Computergeassisteerde chirurgie verbetert orbitareconstructie
Promotie R. Scheurs
Na een orbitafractuur en de daaropvolgende reconstructie bestaat, door verlies van ondersteuning en vergroting van het orbitavolume, de kans op verplaatsing van de oogbol. Onderzoeker Ruud Scheurs wilde de computergeassisteerde chirurgie voor het plaatsen van een implantaat om dit probleem op te lossen, verbeteren. Hiervoor onderzocht hij diverse innovaties.
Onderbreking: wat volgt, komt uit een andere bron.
-- ===== src/Emit/LongLiteral.antt =====
-- A literal of more than 60 bytes, and what `EmitLiteral` does at every length.
use csnappy.Common.{
  ℕ, ◌+◌, ◌-◌, ◌*◌, ◌%◌, ◌^◌, ◌≤◌, ◌<◌, ◌≡◌, max, arith, ap, ◌∙◌, List, [], ◌∷◌, ◌++◌, append_assoc,
  length, length-append, All, All-append, set-append, Bool, true, false, some, ltb, lt→ltb, bit_or,
}
use csnappy.Common.Bits.{zero-bit_or}
use native.Mathlib.Decide.{dec_le}
use csnappy.Format.{literal}
use csnappy.Words.{part}
use csnappy.Words.Loads.{slice_lem, length-part, part-IsByte}
use csnappy.Emit.{Out, skip, put_at, put_length, emit_literal}
use csnappy.Emit.Length.{
  length_bytes, length-length_bytes, length-length_bytes_pos, length_bytes-IsByte, Lengthened,
  put_length-Lengthened,
}
use csnappy.Emit.Literal.{Emitted, literal_size, long_spells, emit_short}

module _ (input : List ℕ) (out : Out) (pos len : ℕ) (long : 60 < len) (int : len < 2 ^ 31)
    (fits : pos + len ≤ length input) (bytes : All (λ b. b < 256) input) where
  abbrev size_bytes : List ℕ
  size_bytes = length_bytes 4 (len - 1)

  size_bytes_bounds : (1 ≤ length size_bytes) × (length size_bytes ≤ 4)
  size_bytes_bounds = (
    length-length_bytes_pos 3 (len - 1) (omega arith),
    length-length_bytes 4 4 (len - 1) (omega arith),
  )

  abbrev tag : ℕ
  tag = (59 + length size_bytes) * 4

  -- The state after the loop, with the tag put in and the bytes behind.
  with_tag :
      (e : Out)
      → e.bytes ≡ (out.bytes ++ (0 ∷ [])) ++ size_bytes
      → (put_at e (length out.bytes) (bit_or 0 ((59 + (0 + length size_bytes)) * 2 ^ 2))).bytes
        ≡ out.bytes ++ (tag ∷ size_bytes)
  unfolding put_at
  with_tag e eq =
      rw (eq, append_assoc, set-append) (ap (λ (t : ℕ). out.bytes ++ (t ∷ size_bytes)) tag_byte)
    where
      tag_byte : bit_or 0 ((59 + (0 + length size_bytes)) * 2 ^ 2) % 256 ≡ tag
      tag_byte = ap (λ (t : ℕ). t % 256) (zero-bit_or _) ∙ omega (arith, size_bytes_bounds)

  chunk_size : length (tag ∷ (size_bytes ++ part input pos len)) ≤ literal_size len
  unfolding literal_size
  chunk_size = ground (
    arith,
    length-append size_bytes (part input pos len),
    length-part input pos len fits,
    size_bytes_bounds,
    length-length_bytes 4 1 (len - 1),
    length-length_bytes 4 2 (len - 1),
  )

  after_loop : Lengthened (skip out) size_bytes 0 (put_length 4 (skip out) (len - 1) 0)
  after_loop = put_length-Lengthened 4 (skip out) (len - 1) 0 (omega arith)

  abbrev tagged : Out
  tagged =
      put_at after_loop.end (length out.bytes) (bit_or 0 ((59 + (0 + length size_bytes)) * 2 ^ 2))

  abbrev long_end : Out
  long_end = record {
    bytes = tagged.bytes ++ part input pos len;
    reach = max tagged.reach (length tagged.bytes + len);
  }

  tagged_bytes : tagged.bytes ≡ out.bytes ++ (tag ∷ size_bytes)
  unfolding skip
  tagged_bytes = with_tag after_loop.end after_loop.appended

  tagged_reach : tagged.reach ≤ max out.reach (length tagged.bytes)
  unfolding put_at skip
  tagged_reach = omega (
    arith,
    after_loop.bounded,
    ap (length {A = ℕ}) tagged_bytes,
    length-append out.bytes (tag ∷ size_bytes),
    length-append out.bytes (0 ∷ []),
  )

  long-Emitted : Emitted (literal (part input pos len)) (literal_size len) 15 out long_end
  long-Emitted = record {
    chunk = tag ∷ (size_bytes ++ part input pos len);
    appended =
        ap (λ (t : List ℕ). t ++ part input pos len) tagged_bytes
        ∙ append_assoc out.bytes (tag ∷ size_bytes) (part input pos len);
    spells =
        long_spells (len - 1) (part input pos len) (omega arith) (omega arith)
          (omega (arith, length-part input pos len fits));
    are_bytes = (
      omega (arith, size_bytes_bounds),
      All-append (λ b. b < 256) size_bytes _ (length_bytes-IsByte 4 (len - 1))
          (part-IsByte input pos len bytes),
    );
    small = chunk_size;
    bounded = omega (
      arith,
      tagged_reach,
      length-append tagged.bytes (part input pos len),
      length-part input pos len fits,
    );
  }

  emit_long : (fast : Bool) → emit_literal input out pos len fast ≡ some long_end
  unfolding emit_literal
  emit_long fast = rw (not_in_tag, after_loop.result) (rw (slice_lem input pos len fits))
    where
      not_in_tag : ltb (len - 1) 60 ≡ false
      not_in_tag = ground arith

-- `EmitLiteral` of one or more bytes, fewer than 2^31, inside an input of bytes succeeds, and appends a
-- literal element of these bytes. If the fast path is allowed, sixteen bytes of input from the literal
-- on must be there. At most fifteen bytes are written past the new end.
pub emit_literal-Emitted :
    (input : List ℕ) (out : Out) (pos len : ℕ) (fast : Bool)
    → 1 ≤ len
    → len < 2 ^ 31
    → pos + len ≤ length input
    → All (λ b. b < 256) input
    → (fast ≡ true → pos + 16 ≤ length input)
    → (out' : Out) × (emit_literal input out pos len fast ≡ some out')
      × Emitted (literal (part input pos len)) (literal_size len) 15 out out'
unfolding literal_size
emit_literal-Emitted input out pos len fast pos_len int fits bytes room = elim (dec_le len 60) [
  | yes short ↦
      (let (out', e, m) = emit_short input out pos len pos_len short fits bytes fast room in
        (out', e, rw (lt→ltb len 61 (omega arith)) m))
  | no long ↦ (
    long_end input out pos len (omega arith) int fits bytes,
    emit_long input out pos len (omega arith) int fits bytes fast,
    long-Emitted input out pos len (omega arith) int fits bytes,
  )
]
Als eerste innovatie testte hij in kadavers een referentieframe, het Orbital Implant Positioning Frame (OIPF), waarmee het positieverschil tussen de geplande en behaalde implantaatpositie kan worden berekend. Deze gaven een nauwkeurig inzicht in de behaalde implantaatpositie. Vervolgens onderzocht hij of deze techniek ook gebruikt kon worden in de realtime navigatiewerkwijze gedurende de (her)positionering van het implantaat. Dit was mogelijk met een plaatsingsinstrument genaamd de Titanium Orbital Positioner. Een instrument dat potentie heeft om door ontwikkeld te worden zodat het ingezet kan worden in de klinische praktijk.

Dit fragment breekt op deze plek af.